▸ AIM OF THE EXERCISE
Please make an exact transcription of all the data that follows.

*** DATA SHOWN

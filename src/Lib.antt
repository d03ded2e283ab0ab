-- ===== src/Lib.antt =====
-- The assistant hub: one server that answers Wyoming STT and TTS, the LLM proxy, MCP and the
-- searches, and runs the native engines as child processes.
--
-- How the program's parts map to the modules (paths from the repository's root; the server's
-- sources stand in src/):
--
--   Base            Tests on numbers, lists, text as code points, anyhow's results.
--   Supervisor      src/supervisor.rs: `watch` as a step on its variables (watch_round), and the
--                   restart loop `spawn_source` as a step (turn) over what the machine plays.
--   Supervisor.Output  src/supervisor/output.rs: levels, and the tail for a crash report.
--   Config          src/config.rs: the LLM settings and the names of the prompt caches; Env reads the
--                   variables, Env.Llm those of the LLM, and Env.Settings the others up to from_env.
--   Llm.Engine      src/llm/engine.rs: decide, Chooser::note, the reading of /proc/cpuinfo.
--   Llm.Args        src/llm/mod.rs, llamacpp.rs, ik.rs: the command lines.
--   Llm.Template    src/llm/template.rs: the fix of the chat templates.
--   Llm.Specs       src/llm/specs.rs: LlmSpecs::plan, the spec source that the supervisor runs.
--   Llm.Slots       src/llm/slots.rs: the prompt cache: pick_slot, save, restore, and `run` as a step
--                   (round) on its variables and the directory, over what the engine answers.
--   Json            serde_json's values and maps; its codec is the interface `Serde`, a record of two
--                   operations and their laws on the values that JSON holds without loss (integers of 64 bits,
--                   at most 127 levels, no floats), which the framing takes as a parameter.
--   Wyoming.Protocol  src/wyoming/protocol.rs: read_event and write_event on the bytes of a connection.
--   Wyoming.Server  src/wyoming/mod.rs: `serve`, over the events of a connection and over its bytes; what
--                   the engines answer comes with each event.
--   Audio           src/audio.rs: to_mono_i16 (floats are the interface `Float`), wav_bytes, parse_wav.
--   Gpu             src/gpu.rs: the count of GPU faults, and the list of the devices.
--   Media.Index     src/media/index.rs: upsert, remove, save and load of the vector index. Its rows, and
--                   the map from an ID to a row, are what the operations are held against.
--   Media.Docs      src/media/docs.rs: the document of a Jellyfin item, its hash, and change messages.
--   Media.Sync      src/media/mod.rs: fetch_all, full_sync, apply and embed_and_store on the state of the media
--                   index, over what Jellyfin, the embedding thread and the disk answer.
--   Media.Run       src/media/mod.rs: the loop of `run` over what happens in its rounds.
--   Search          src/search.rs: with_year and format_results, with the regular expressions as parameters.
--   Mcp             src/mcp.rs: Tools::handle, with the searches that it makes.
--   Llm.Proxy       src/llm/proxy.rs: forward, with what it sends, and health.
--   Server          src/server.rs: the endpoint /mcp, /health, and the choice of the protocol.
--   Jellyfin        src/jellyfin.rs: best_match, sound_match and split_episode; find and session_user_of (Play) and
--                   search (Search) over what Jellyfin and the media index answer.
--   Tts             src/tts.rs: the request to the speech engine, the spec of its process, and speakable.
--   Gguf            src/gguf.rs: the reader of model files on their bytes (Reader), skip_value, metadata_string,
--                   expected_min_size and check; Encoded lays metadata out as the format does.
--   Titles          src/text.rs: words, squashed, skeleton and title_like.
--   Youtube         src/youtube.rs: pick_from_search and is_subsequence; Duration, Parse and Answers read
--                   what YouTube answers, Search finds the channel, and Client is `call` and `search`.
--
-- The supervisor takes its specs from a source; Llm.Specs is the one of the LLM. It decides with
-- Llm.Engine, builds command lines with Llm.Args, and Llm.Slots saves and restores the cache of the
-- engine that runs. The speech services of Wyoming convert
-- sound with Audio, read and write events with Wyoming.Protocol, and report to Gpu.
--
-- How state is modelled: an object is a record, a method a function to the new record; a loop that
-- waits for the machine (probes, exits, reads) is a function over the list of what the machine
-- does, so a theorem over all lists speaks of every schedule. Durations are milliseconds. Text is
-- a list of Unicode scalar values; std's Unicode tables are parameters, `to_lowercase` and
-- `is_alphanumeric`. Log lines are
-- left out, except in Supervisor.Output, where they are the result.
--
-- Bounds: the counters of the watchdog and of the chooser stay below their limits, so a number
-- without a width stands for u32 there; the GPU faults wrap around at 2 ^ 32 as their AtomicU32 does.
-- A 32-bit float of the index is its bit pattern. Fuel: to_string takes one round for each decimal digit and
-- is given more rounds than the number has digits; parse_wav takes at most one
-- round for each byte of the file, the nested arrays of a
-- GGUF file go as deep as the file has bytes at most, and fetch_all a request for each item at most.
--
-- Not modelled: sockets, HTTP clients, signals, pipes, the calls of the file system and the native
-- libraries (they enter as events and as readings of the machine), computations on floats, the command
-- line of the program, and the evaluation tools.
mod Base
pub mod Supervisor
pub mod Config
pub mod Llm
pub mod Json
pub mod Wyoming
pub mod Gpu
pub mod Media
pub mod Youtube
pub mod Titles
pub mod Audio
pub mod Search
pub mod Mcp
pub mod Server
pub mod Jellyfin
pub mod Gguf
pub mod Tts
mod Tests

******

▸ YOUR SOLUTION
filename src/Lib.antt
repository d03ded2e283ab0ab
-- ===== src/Lib.antt =====
-- The assistant hub: one server that answers Wyoming STT and TTS, the LLM proxy, MCP and the
-- searches, and runs the native engines as child processes.
--
-- How the program's parts map to the modules (paths from the repository's root; the server's
-- sources stand in src/):
--
--   Base            Tests on numbers, lists, text as code points, anyhow's results.
--   Supervisor      src/supervisor.rs: `watch` as a step on its variables (watch_round), and the
--                   restart loop `spawn_source` as a step (turn) over what the machine plays.
--   Supervisor.Output  src/supervisor/output.rs: levels, and the tail for a crash report.
--   Config          src/config.rs: the LLM settings and the names of the prompt caches; Env reads the
--                   variables, Env.Llm those of the LLM, and Env.Settings the others up to from_env.
--   Llm.Engine      src/llm/engine.rs: decide, Chooser::note, the reading of /proc/cpuinfo.
--   Llm.Args        src/llm/mod.rs, llamacpp.rs, ik.rs: the command lines.
--   Llm.Template    src/llm/template.rs: the fix of the chat templates.
--   Llm.Specs       src/llm/specs.rs: LlmSpecs::plan, the spec source that the supervisor runs.
--   Llm.Slots       src/llm/slots.rs: the prompt cache: pick_slot, save, restore, and `run` as a step
--                   (round) on its variables and the directory, over what the engine answers.
--   Json            serde_json's values and maps; its codec is the interface `Serde`, a record of two
--                   operations and their laws on the values that JSON holds without loss (integers of 64 bits,
--                   at most 127 levels, no floats), which the framing takes as a parameter.
--   Wyoming.Protocol  src/wyoming/protocol.rs: read_event and write_event on the bytes of a connection.
--   Wyoming.Server  src/wyoming/mod.rs: `serve`, over the events of a connection and over its bytes; what
--                   the engines answer comes with each event.
--   Audio           src/audio.rs: to_mono_i16 (floats are the interface `Float`), wav_bytes, parse_wav.
--   Gpu             src/gpu.rs: the count of GPU faults, and the list of the devices.
--   Media.Index     src/media/index.rs: upsert, remove, save and load of the vector index. Its rows, and
--                   the map from an ID to a row, are what the operations are held against.
--   Media.Docs      src/media/docs.rs: the document of a Jellyfin item, its hash, and change messages.
--   Media.Sync      src/media/mod.rs: fetch_all, full_sync, apply and embed_and_store on the state of the media
--                   index, over what Jellyfin, the embedding thread and the disk answer.
--   Media.Run       src/media/mod.rs: the loop of `run` over what happens in its rounds.
--   Search          src/search.rs: with_year and format_results, with the regular expressions as parameters.
--   Mcp             src/mcp.rs: Tools::handle, with the searches that it makes.
--   Llm.Proxy       src/llm/proxy.rs: forward, with what it sends, and health.
--   Server          src/server.rs: the endpoint /mcp, /health, and the choice of the protocol.
--   Jellyfin        src/jellyfin.rs: best_match, sound_match and split_episode; find and session_user_of (Play) and
--                   search (Search) over what Jellyfin and the media index answer.
--   Tts             src/tts.rs: the request to the speech engine, the spec of its process, and speakable.
--   Gguf            src/gguf.rs: the reader of model files on their bytes (Reader), skip_value, metadata_string,
--                   expected_min_size and check; Encoded lays metadata out as the format does.
--   Titles          src/text.rs: words, squashed, skeleton and title_like.
--   Youtube         src/youtube.rs: pick_from_search and is_subsequence; Duration, Parse and Answers read
--                   what YouTube answers, Search finds the channel, and Client is `call` and `search`.
--
-- The supervisor takes its specs from a source; Llm.Specs is the one of the LLM. It decides with
-- Llm.Engine, builds command lines with Llm.Args, and Llm.Slots saves and restores the cache of the
-- engine that runs. The speech services of Wyoming convert
-- sound with Audio, read and write events with Wyoming.Protocol, and report to Gpu.
--
-- How state is modelled: an object is a record, a method a function to the new record; a loop that
-- waits for the machine (probes, exits, reads) is a function over the list of what the machine
-- does, so a theorem over all lists speaks of every schedule. Durations are milliseconds. Text is
-- a list of Unicode scalar values; std's Unicode tables are parameters, `to_lowercase` and
-- `is_alphanumeric`. Log lines are
-- left out, except in Supervisor.Output, where they are the result.
--
-- Bounds: the counters of the watchdog and of the chooser stay below their limits, so a number
-- without a width stands for u32 there; the GPU faults wrap around at 2 ^ 32 as their AtomicU32 does.
-- A 32-bit float of the index is its bit pattern. Fuel: to_string takes one round for each decimal digit and
-- is given more rounds than the number has digits; parse_wav takes at most one
-- round for each byte of the file, the nested arrays of a
-- GGUF file go as deep as the file has bytes at most, and fetch_all a request for each item at most.
--
-- Not modelled: sockets, HTTP clients, signals, pipes, the calls of the file system and the native
-- libraries (they enter as events and as readings of the machine), computations on floats, the command
-- line of the program, and the evaluation tools.
mod Base
pub mod Supervisor
pub mod Config
pub mod Llm
pub mod Json
pub mod Wyoming
pub mod Gpu
pub mod Media
pub mod Youtube
pub mod Titles
pub mod Audio
pub mod Search
pub mod Mcp
pub mod Server
pub mod Jellyfin
pub mod Gguf
pub mod Tts
mod Tests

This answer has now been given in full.